Hydrogen is attracting significant interest in New Zealand. With potential applications including energy storage, industrial heating, chemical feedstock, and green fuel, hydrogen holds a vast potential as an alternative energy vector. The New Zealand Government recognizes the need to explore hydrogen in order to meet climate change commitments, such as the 2015 Paris agreement and net-zero carbon emissions by 2050 [2]. A high share of renewables in the electricity mix [3] places New Zealand in a position to produce green hydrogen from renewable electricity sources through electrolysis.
Emissions growth in the road transport sector is responsible for an overall increase in New Zealand’s greenhouse gas emissions. In 2017, road transport accounted for about 14.5 million tonnes of CO2-equivalent, or around 18% of total greenhouse gas emissions in New Zealand [4]. In particular, the heavy vehicle fleet is hard to decarbonize because penetration of battery technology is difficult [5].
This paper examines the feasibility of green hydrogen as a transport fuel for very heavy vehicles (VHVs) in New Zealand. VHVs are defined as those vehicles with gross vehicle mass that exceeds 30 tonnes [6]. Green hydrogen fuel is attractive for VHVs for several reasons. First, VHVs tend to have definite travel patterns with routine back-to-base trips, suitable to be serviced by centralized hydrogen refuelling facilities. Second, the growth of heavy traffic is correlated with GDP because economic growth necessitates road freight activities [7]. Third, heavy vehicles consume diesel, a non-renewable fuel with local prices that are greatly influenced by international price volatility [8]. Therefore, green hydrogen that is produced in New Zealand could potentially decarbonize VHVs without compromising road freight activities in a growing economy. To achieve this, green hydrogen demand must be estimated from diesel consumed by all VHVs [9,10]. Available energy supply must also be calculated from consented yet unbuilt RE [10]. Third, hydrogen price is calculated using the concept of levelized cost [11,12]. This research is novel because it sets the assessment in a New Zealand context and uses the concept of levelized cost in the calculation of hydrogen cost.

2. Literature Review

2.1. Hydrogen from Electrolysis

Electrolysis systems have three operational parameters: water consumption, power consumption and efficiency. Water consumption is estimated to be around 2.38 gallons or 9 L of water per kilogram of hydrogen [13]. In terms of overall consumption, fossil-based hydrogen production has a greater water footprint compared to RE-based production [14]. Electrolytic power consumption is a function of hydrogen flow rate, which ranges from 50 to 81 kWh/kg of hydrogen [15]. Electrolyser efficiency is usually 70–75% for alkaline electrolysers and about 80–85% for PEM electrolysers, and is a function of current density and temperature [15,16]. Higher current density is needed to produce larger amounts of hydrogen from a given electrolyser area. Operating temperature must also be optimised because more economical hydrogen can be produced at high temperatures [17] but system aging increases as operating temperature increases [18].
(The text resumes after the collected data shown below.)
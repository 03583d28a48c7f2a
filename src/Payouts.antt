-- ===== src/Payouts.antt =====
-- services/backend-api/src/payouts: the end of a cycle.
pub mod Advance
pub mod Recipient
pub mod Params
pub mod Readiness
pub mod Finalize
mod Tests
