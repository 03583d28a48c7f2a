-- ===== src/Payouts/Finalize/Once.antt =====
-- A cycle is paid out once, and the group moves on.
use myturn_webportal.Prelude.{
  ℕ, suc, ◌≡◌, sym, ap, ◌∙◌, inl, inr, true, false, some, List, [], ◌∷◌, ◌++◌, arith, ◌==◌, ◌&&◌,
  ltb, if◌then◌else◌, Bool-cases, ok,
}
use myturn_webportal.Shared.Cycle.{CycleSummary}
use myturn_webportal.Store.Rows.{Group, GroupStatus, Payout}
use myturn_webportal.Store.Lemmas.{find_first-update}
use myturn_webportal.Store.{Db}
use myturn_webportal.Reserve.Completion.{find_group}
use myturn_webportal.Reserve.Split.{ReserveConfig}
use myturn_webportal.Payouts.Finalize.{Finalized, has_payout, finalize_in_tx}
use myturn_webportal.Payouts.Params.{FinalizeParams}
use myturn_webportal.Payouts.Finalize.Steps.{finalize-ok}
use myturn_webportal.Payouts.Finalize.Paid.{advanced}

has_payout-append :
    (group cycle : ℕ) (more : List Payout) (p : Payout) (rest : List Payout)
    → p.group_id ≡ group
    → p.cycle_number ≡ cycle
    → has_payout group cycle (more ++ (p ∷ rest)) ≡ true
has_payout-append group cycle [] p rest g c =
    let hit : (p.group_id == group && p.cycle_number == cycle) ≡ true = ground arith in rw hit
has_payout-append group cycle (x ∷ more) p rest g c =
    elim (Bool-cases (x.group_id == group && x.cycle_number == cycle)) [
      | inl hit ↦ rw hit
      | inr miss ↦ rw miss (has_payout-append group cycle more p rest g c)
    ]

-- Once a cycle of a group was finalized, no finalization of that cycle returns, by whomever and
-- whenever it is called, as long as no payout is deleted.
pub finalize-once :
    (config : ReserveConfig) (params : FinalizeParams) (db : Db) {res : Finalized} {db' : Db}
    → finalize_in_tx config params db ≡ ok (res, db')
    → (again : FinalizeParams) (later : Db) (more : List Payout) → again.group_id ≡ params.group_id
    → again.cycle_number ≡ params.cycle_number
    → later.payouts ≡ more ++ db'.payouts
    → ¬ ((r : Finalized × Db) × (finalize_in_tx config again later ≡ ok r))
finalize-once config params db {res} {db'} h again later more same_group same_cycle kept
      ((res₂, db₂), h₂) =
    let first = finalize-ok config params db h in
    let second = finalize-ok config again later h₂ in
    let group : res.payout.group_id ≡ again.group_id =
      ap (λ (p : Payout). p.group_id) first.paid.payout ∙ sym same_group in
    let cycle : res.payout.cycle_number ≡ again.cycle_number =
      ap (λ (p : Payout). p.cycle_number) first.paid.payout ∙ sym same_cycle in
    let there =
      has_payout-append again.group_id again.cycle_number more res.payout db.payouts group cycle in
    let paid_before : has_payout again.group_id again.cycle_number later.payouts ≡ true =
      rw (kept, first.paid.payouts) there in
    cc (paid_before, second.passed.first)

advanced-id : (params : FinalizeParams) (g x : Group) → (advanced params g x).id ≡ x.id
advanced-id params g x = elim (Bool-cases (ltb params.cycle_number g.member_slots)) [
  | inl going ↦ rw going
  | inr over ↦ rw over
]

advanced-own :
    (params : FinalizeParams) (g : Group)
    → advanced params g g ≡ (
        if ltb params.cycle_number g.member_slots
        then record g { current_cycle = suc params.cycle_number }
        else record g { status = GroupStatus.completed })
advanced-own params g = elim (Bool-cases (ltb params.cycle_number g.member_slots)) [
  | inl going ↦ rw going
  | inr over ↦ rw over
]

-- A finalization that returns was the first of its cycle, which was the group's current one. It has
-- added one payout, of the cycle's net amount; the group has gone to the next cycle, or is COMPLETED
-- if this was the last.
pub finalize-advances :
    (config : ReserveConfig) (params : FinalizeParams) (db : Db) {res : Finalized} {db' : Db}
    → finalize_in_tx config params db ≡ ok (res, db')
    → (g : Group) × (find_group params.group_id db.groups ≡ some g)
      × (g.current_cycle ≡ params.cycle_number)
      × (has_payout params.group_id params.cycle_number db.payouts ≡ false)
      × (db'.payouts ≡ res.payout ∷ db.payouts)
      × (res.payout.group_id ≡ params.group_id)
      × (res.payout.cycle_number ≡ params.cycle_number)
      × (res.payout.amount ≡ res.summary.net_after_margin_minor)
      × (find_group params.group_id db'.groups
          ≡ some (
              if ltb params.cycle_number g.member_slots
              then record g { current_cycle = suc params.cycle_number }
              else record g { status = GroupStatus.completed }))
unfolding find_group
finalize-advances config params db {res} {db'} h =
    let f = finalize-ok config params db h in
    let g = f.group in
    (
      g,
      f.found,
      f.passed.current,
      f.passed.first,
      f.paid.payouts,
      ap (λ (p : Payout). p.group_id) f.paid.payout,
      ap (λ (p : Payout). p.cycle_number) f.paid.payout,
      ap (λ (p : Payout). p.amount) f.paid.payout
          ∙ ap (λ (s : CycleSummary). s.net_after_margin_minor) (sym f.paid.summed),
      rw f.paid.groups (
            find_first-update (λ x. x.id) (advanced params g) params.group_id db.groups g
              (advanced-id params g) f.found)
          ∙ ap some (advanced-own params g),
    )
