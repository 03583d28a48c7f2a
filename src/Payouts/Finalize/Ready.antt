-- ===== src/Payouts/Finalize/Ready.antt =====
-- Who has not paid when a cycle is paid out.
use myturn_webportal.Prelude.{◌≡◌, ◌⊎◌, true, List}
use myturn_webportal.Store.Rows.{Contribution, GroupMember}
use myturn_webportal.CycleRisk.Protection.{is_paid}
use myturn_webportal.Payouts.Readiness.{is_excused}

-- A contribution that does not stand in the way of the payout.
abbrev pub IsSettled : List GroupMember → Contribution → Type 0
IsSettled members c = (is_paid c.status ≡ true) ⊎ (is_excused members c.user_id ≡ true)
2.2. Hydrogen for Transport

Hydrogen can address sectors that are “purely battery challenged”, such as heavy-duty transport, non-electrified rail, and maritime transportation. Although batteries exist in fuel cell electric vehicles (FCEV) and this combination may be more economical, purely battery transport may not always meet performance standards and the criterion of refuelling convenience [19]. Moreover, hydrogen-powered vehicles, or fuel cell electric vehicles (FCEVs), have the following particular advantages over internal combustion vehicles and purely battery electric vehicles (BEVs) [1,19]:
  • FCEVs can drive further (more than 500 km) without frequent refuelling.
  • Refuelling times for FCEVs are similar to those for gasoline and diesel vehicles.
  • Hydrogen fuel has higher energy densities compared to stored energy in purely battery vehicles. Because of this, the sensitivity of FCEV powertrain cost and weight to the amount of energy stored (in kWh) is low. This is particularly beneficial for vehicles that require larger energy storage, such as heavy vehicles used for heavy load capacity and long ranges.
  • Infrastructure for FCEVs resembles that of gasoline fuel infrastructure, which adds value to practicality and capital costs.
All land vehicle types are potential niche markets for hydrogen fuel, but medium to heavy vehicles can truly benefit from longer ranges and fewer refuelling stops [19]. Compared to purely battery electric vehicles, however, fuel cell vehicles are relatively new to the market. At present, large battery electric vehicles and fuel cell technologies are still expensive relative to small battery electric vehicles. Without significant improvements in battery charging and storage for longer range use, hydrogen would become a better low-carbon electrification option for medium to heavy trucks [1].

2.3. Hydrogen and Diesel Trucks

At present, diesel and petrol are the dominant fuel source for road transport in New Zealand [6,20]. To decarbonize the sector, there is a general recognition that trucks are potentially the “low-hanging fruit” for hydrogen fuel [1,2,6]. For instance, the well-to-tank efficiency of a US Class 6 heavy truck is 83% for diesel and 42–57% for fuel cell trucks. Regarding tank-to-wheel efficiencies, fuel cell trucks can have 50–100% better efficiencies than diesel trucks [8,21]. This, however, depends on vehicle operation (including speed) and whether the hydrogen fuel is in liquid or gaseous form [8,21]. In terms of price, hydrogen from electrolysis is currently more expensive than diesel fuel. However, diesel prices are highly volatile, depending on international oil market trends. Oil prices are expected to become more volatile as the future of oil production and consumption becomes increasingly uncertain [22].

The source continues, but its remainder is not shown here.